Your instructions: Transcribe the records underneath word for word, and leave no line out.
------ Records provided
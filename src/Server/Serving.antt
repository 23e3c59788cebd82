-- ===== src/Server/Serving.antt =====
-- src/server/server.cc: ServePush as a whole, on a server between two messages.
use plug_in_ml.Base.{
  ℕ, suc, ◌≤◌, ◌<◌, ◌≡◌, refl, ◌∙◌, false, some, List, [], ◌∷◌, ◌++◌, map, ℤ, get_elem?,
  get_elem?-some, length, tail, All, lookup, contains, arith, Bool-cases, inl, inr,
}
use native.Mathlib.Decide.{ℕ_discrete, dec_lt}
use plug_in_ml.Floats.{FloatOps}
use plug_in_ml.Message.{RequestMessage}
use plug_in_ml.Server.KeyValueList.{KeyValueList}
use plug_in_ml.Server.State.{Server, fixed}
use plug_in_ml.Server.Push.{finish_round, serve_push}
use plug_in_ml.Server.Rounds.{
  count_longer, count_longer-All, count_longer-set, count_longer-tail, count_longer_mono,
}
use plug_in_ml.Server.EndRound.{
  Averages, next_version, end_round_lem, next-IsFilled, finish_round_early, finish_round_last,
}
use plug_in_ml.Server.Store.{
  update_of, Fits, IsFilled, stored, stored-IsFilled, store_update_full, store_update_lem,
}

-- Between two messages no round is finished: some agent has no update waiting.
pub record IsServing {F : Type 0} (s : Server F) : Type 0 where
  pub filled : IsFilled s
  pub unfinished : count_longer 0 s.version_buffer < s.agent_num

-- The buffer of an agent.
abbrev pub HasBuffer : {F : Type 0} → Server F → ℤ → ℕ → List (KeyValueList F) → Type 0
HasBuffer s id index buffer =
    (lookup id s.id_to_index ≡ some index) × (get_elem? s.version_buffer index ≡ some buffer)

module _ {F : Type 0} ⦃ops : FloatOps F⦄ where
  -- What a push of agent `id` comes to. Unknown agents and full buffers change nothing. Otherwise
  -- the update goes behind the agent's others; if every agent then has one, their average is added
  -- to the parameters, these are taken off, the version goes up and no request is left waiting.
  pub data Pushed (s : Server F) (id : ℤ) (request : RequestMessage F) (s' : Server F)
      : Type 0 where
    unknown : contains id s.agent_ids ≡ false → s' ≡ s → Pushed s id request s'
    refused :
        (index : ℕ) (buffer : List (KeyValueList F))
        → HasBuffer s id index buffer
        → s.consistency_bound ≤ length buffer
        → s' ≡ s
        → Pushed s id request s'
    waits :
        (index : ℕ) (buffer : List (KeyValueList F))
        → HasBuffer s id index buffer
        → length buffer < s.consistency_bound
        → s' ≡ stored s index buffer request
        → count_longer 0 s'.version_buffer < s.agent_num
        → Pushed s id request s'
    finished :
        (index : ℕ) (buffer : List (KeyValueList F))
        → HasBuffer s id index buffer
        → length buffer < s.consistency_bound
        → All (λ q. 0 < length q) (stored s index buffer request).version_buffer
        → s'.version_buffer ≡ map tail (stored s index buffer request).version_buffer
        → s'.bottom_version ≡ suc s.bottom_version
        → s'.pull_request ≡ []
        → Averages (stored s index buffer request) s'.parameters
        → Pushed s id request s'

  stored_push :
      (s : Server F) (id : ℤ) (request : RequestMessage F) (index : ℕ)
      (buffer : List (KeyValueList F))
      → IsServing s
      → Fits s.start_key s.parameter_length request
      → HasBuffer s id index buffer
      → length buffer < s.consistency_bound
      → (s' : Server F) × (finish_round (stored s index buffer request) ≡ some s')
        × IsServing s'
        × Pushed s id request s'
        × (fixed s' ≡ fixed s)
  stored_push s id request index buffer v fits has h =
      let t = stored s index buffer request in
      let filled = stored-IsFilled s request index buffer v.filled fits has.1 h in
      let raised = count_longer-set 0 index s.version_buffer buffer (update_of request) has.1 in
      let above = count_longer-set 1 index s.version_buffer buffer (update_of request) has.1 in
      elim (ℕ_discrete (count_longer 0 t.version_buffer) t.agent_num) [
        | no early ↦
            let fewer : count_longer 0 t.version_buffer < s.agent_num =
              ground (arith, raised, early, v.unfinished) in
            (
              t,
              finish_round_early t filled early,
              record { filled = filled; unfinished = fewer },
              waits index buffer has h refl fewer,
              refl,
            )
        | yes all ↦
            let counts = tail t.finish_count ++ 0 ∷ [] in
            let ended = end_round_lem t filled all counts in
            (
              next_version t ended.0 counts ended.1,
              finish_round_last t filled all ∙ ended.2,
              record {
                filled = next-IsFilled t ended.0 ended.1 filled ended.3;
                unfinished = ground (
                  arith,
                  raised,
                  above,
                  all,
                  v.unfinished,
                  count_longer-tail 0 t.version_buffer,
                  count_longer_mono 0 s.version_buffer,
                );
              },
              finished index buffer has h
                  (count_longer-All t.version_buffer (omega (arith, filled.agents, all))) refl refl
                  refl ended.4,
              refl,
            )
      ]

  pub serve_push-Pushed :
      (s : Server F) (id : ℤ) (request : RequestMessage F)
      → IsServing s
      → Fits s.start_key s.parameter_length request
      → (s' : Server F) × (serve_push s id request ≡ some s')
        × IsServing s'
        × Pushed s id request s'
        × (fixed s' ≡ fixed s)
  unfolding serve_push
  serve_push-Pushed s id request v fits = elim (Bool-cases (contains id s.agent_ids)) [
    | inr foreign ↦ (s, rw foreign, v, unknown foreign refl, refl)
    | inl member ↦
        let place = v.filled.known id member in
        let index = place.0 in
        let buffer =
          get_elem?-some s.version_buffer index
            (omega (arith, v.filled.indexed id index place.1, v.filled.agents)) in
        let has : HasBuffer s id index buffer.0 = (place.1, buffer.1) in
        elim (dec_lt (length buffer.0) s.consistency_bound) [
          | yes room ↦
              let stores =
                store_update_lem s id request index buffer.0 v.filled place.1 buffer.1 room
                  fits.paired in
              let rest = stored_push s id request index buffer.0 v fits has room in
              (rest.0, rw (member, stores) rest.1, rest.2, rest.3, rest.4)
          | no full ↦
              let keeps =
                store_update_full s id request index buffer.0 place.1 buffer.1 (omega arith) in
              let early = finish_round_early s v.filled (omega (arith, v.unfinished)) in
              (s, rw (member, keeps) early, v, refused index buffer.0 has (omega arith) refl, refl)
        ]
  ]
------------
Task output:
filename src/Server/Serving.antt
repository 23e3c59788cebd82
-- ===== src/Server/Serving.antt =====
-- src/server/server.cc: ServePush as a whole, on a server between two messages.
use plug_in_ml.Base.{
  ℕ, suc, ◌≤◌, ◌<◌, ◌≡◌, refl, ◌∙◌, false, some, List, [], ◌∷◌, ◌++◌, map, ℤ, get_elem?,
  get_elem?-some, length, tail, All, lookup, contains, arith, Bool-cases, inl, inr,
}
use native.Mathlib.Decide.{ℕ_discrete, dec_lt}
use plug_in_ml.Floats.{FloatOps}
use plug_in_ml.Message.{RequestMessage}
use plug_in_ml.Server.KeyValueList.{KeyValueList}
use plug_in_ml.Server.State.{Server, fixed}
use plug_in_ml.Server.Push.{finish_round, serve_push}
use plug_in_ml.Server.Rounds.{
  count_longer, count_longer-All, count_longer-set, count_longer-tail, count_longer_mono,
}
use plug_in_ml.Server.EndRound.{
  Averages, next_version, end_round_lem, next-IsFilled, finish_round_early, finish_round_last,
}
use plug_in_ml.Server.Store.{
  update_of, Fits, IsFilled, stored, stored-IsFilled, store_update_full, store_update_lem,
}

-- Between two messages no round is finished: some agent has no update waiting.
pub record IsServing {F : Type 0} (s : Server F) : Type 0 where
  pub filled : IsFilled s
  pub unfinished : count_longer 0 s.version_buffer < s.agent_num

-- The buffer of an agent.
abbrev pub HasBuffer : {F : Type 0} → Server F → ℤ → ℕ → List (KeyValueList F) → Type 0
HasBuffer s id index buffer =
    (lookup id s.id_to_index ≡ some index) × (get_elem? s.version_buffer index ≡ some buffer)

module _ {F : Type 0} ⦃ops : FloatOps F⦄ where
  -- What a push of agent `id` comes to. Unknown agents and full buffers change nothing. Otherwise
  -- the update goes behind the agent's others; if every agent then has one, their average is added
  -- to the parameters, these are taken off, the version goes up and no request is left waiting.
  pub data Pushed (s : Server F) (id : ℤ) (request : RequestMessage F) (s' : Server F)
      : Type 0 where
    unknown : contains id s.agent_ids ≡ false → s' ≡ s → Pushed s id request s'
    refused :
        (index : ℕ) (buffer : List (KeyValueList F))
        → HasBuffer s id index buffer
        → s.consistency_bound ≤ length buffer
        → s' ≡ s
        → Pushed s id request s'
    waits :
        (index : ℕ) (buffer : List (KeyValueList F))
        → HasBuffer s id index buffer
        → length buffer < s.consistency_bound
        → s' ≡ stored s index buffer request
        → count_longer 0 s'.version_buffer < s.agent_num
        → Pushed s id request s'
    finished :
        (index : ℕ) (buffer : List (KeyValueList F))
        → HasBuffer s id index buffer
        → length buffer < s.consistency_bound
        → All (λ q. 0 < length q) (stored s index buffer request).version_buffer
        → s'.version_buffer ≡ map tail (stored s index buffer request).version_buffer
        → s'.bottom_version ≡ suc s.bottom_version
        → s'.pull_request ≡ []
        → Averages (stored s index buffer request) s'.parameters
        → Pushed s id request s'

  stored_push :
      (s : Server F) (id : ℤ) (request : RequestMessage F) (index : ℕ)
      (buffer : List (KeyValueList F))
      → IsServing s
      → Fits s.start_key s.parameter_length request
      → HasBuffer s id index buffer
      → length buffer < s.consistency_bound
      → (s' : Server F) × (finish_round (stored s index buffer request) ≡ some s')
        × IsServing s'
        × Pushed s id request s'
        × (fixed s' ≡ fixed s)
  stored_push s id request index buffer v fits has h =
      let t = stored s index buffer request in
      let filled = stored-IsFilled s request index buffer v.filled fits has.1 h in
      let raised = count_longer-set 0 index s.version_buffer buffer (update_of request) has.1 in
      let above = count_longer-set 1 index s.version_buffer buffer (update_of request) has.1 in
      elim (ℕ_discrete (count_longer 0 t.version_buffer) t.agent_num) [
        | no early ↦
            let fewer : count_longer 0 t.version_buffer < s.agent_num =
              ground (arith, raised, early, v.unfinished) in
            (
              t,
              finish_round_early t filled early,
              record { filled = filled; unfinished = fewer },
              waits index buffer has h refl fewer,
              refl,
            )
        | yes all ↦
            let counts = tail t.finish_count ++ 0 ∷ [] in
            let ended = end_round_lem t filled all counts in
            (
              next_version t ended.0 counts ended.1,
              finish_round_last t filled all ∙ ended.2,
              record {
                filled = next-IsFilled t ended.0 ended.1 filled ended.3;
                unfinished = ground (
                  arith,
                  raised,
                  above,
                  all,
                  v.unfinished,
                  count_longer-tail 0 t.version_buffer,
                  count_longer_mono 0 s.version_buffer,
                );
              },
              finished index buffer has h
                  (count_longer-All t.version_buffer (omega (arith, filled.agents, all))) refl refl
                  refl ended.4,
              refl,
            )
      ]

  pub serve_push-Pushed :
      (s : Server F) (id : ℤ) (request : RequestMessage F)
      → IsServing s
      → Fits s.start_key s.parameter_length request
      → (s' : Server F) × (serve_push s id request ≡ some s')
        × IsServing s'
        × Pushed s id request s'
        × (fixed s' ≡ fixed s)
  unfolding serve_push
  serve_push-Pushed s id request v fits = elim (Bool-cases (contains id s.agent_ids)) [
    | inr foreign ↦ (s, rw foreign, v, unknown foreign refl, refl)
    | inl member ↦
        let place = v.filled.known id member in
        let index = place.0 in
        let buffer =
          get_elem?-some s.version_buffer index
            (omega (arith, v.filled.indexed id index place.1, v.filled.agents)) in
        let has : HasBuffer s id index buffer.0 = (place.1, buffer.1) in
        elim (dec_lt (length buffer.0) s.consistency_bound) [
          | yes room ↦
              let stores =
                store_update_lem s id request index buffer.0 v.filled place.1 buffer.1 room
                  fits.paired in
              let rest = stored_push s id request index buffer.0 v fits has room in
              (rest.0, rw (member, stores) rest.1, rest.2, rest.3, rest.4)
          | no full ↦
              let keeps =
                store_update_full s id request index buffer.0 place.1 buffer.1 (omega arith) in
              let early = finish_round_early s v.filled (omega (arith, v.unfinished)) in
              (s, rw (member, keeps) early, v, refused index buffer.0 has (omega arith) refl, refl)
        ]
  ]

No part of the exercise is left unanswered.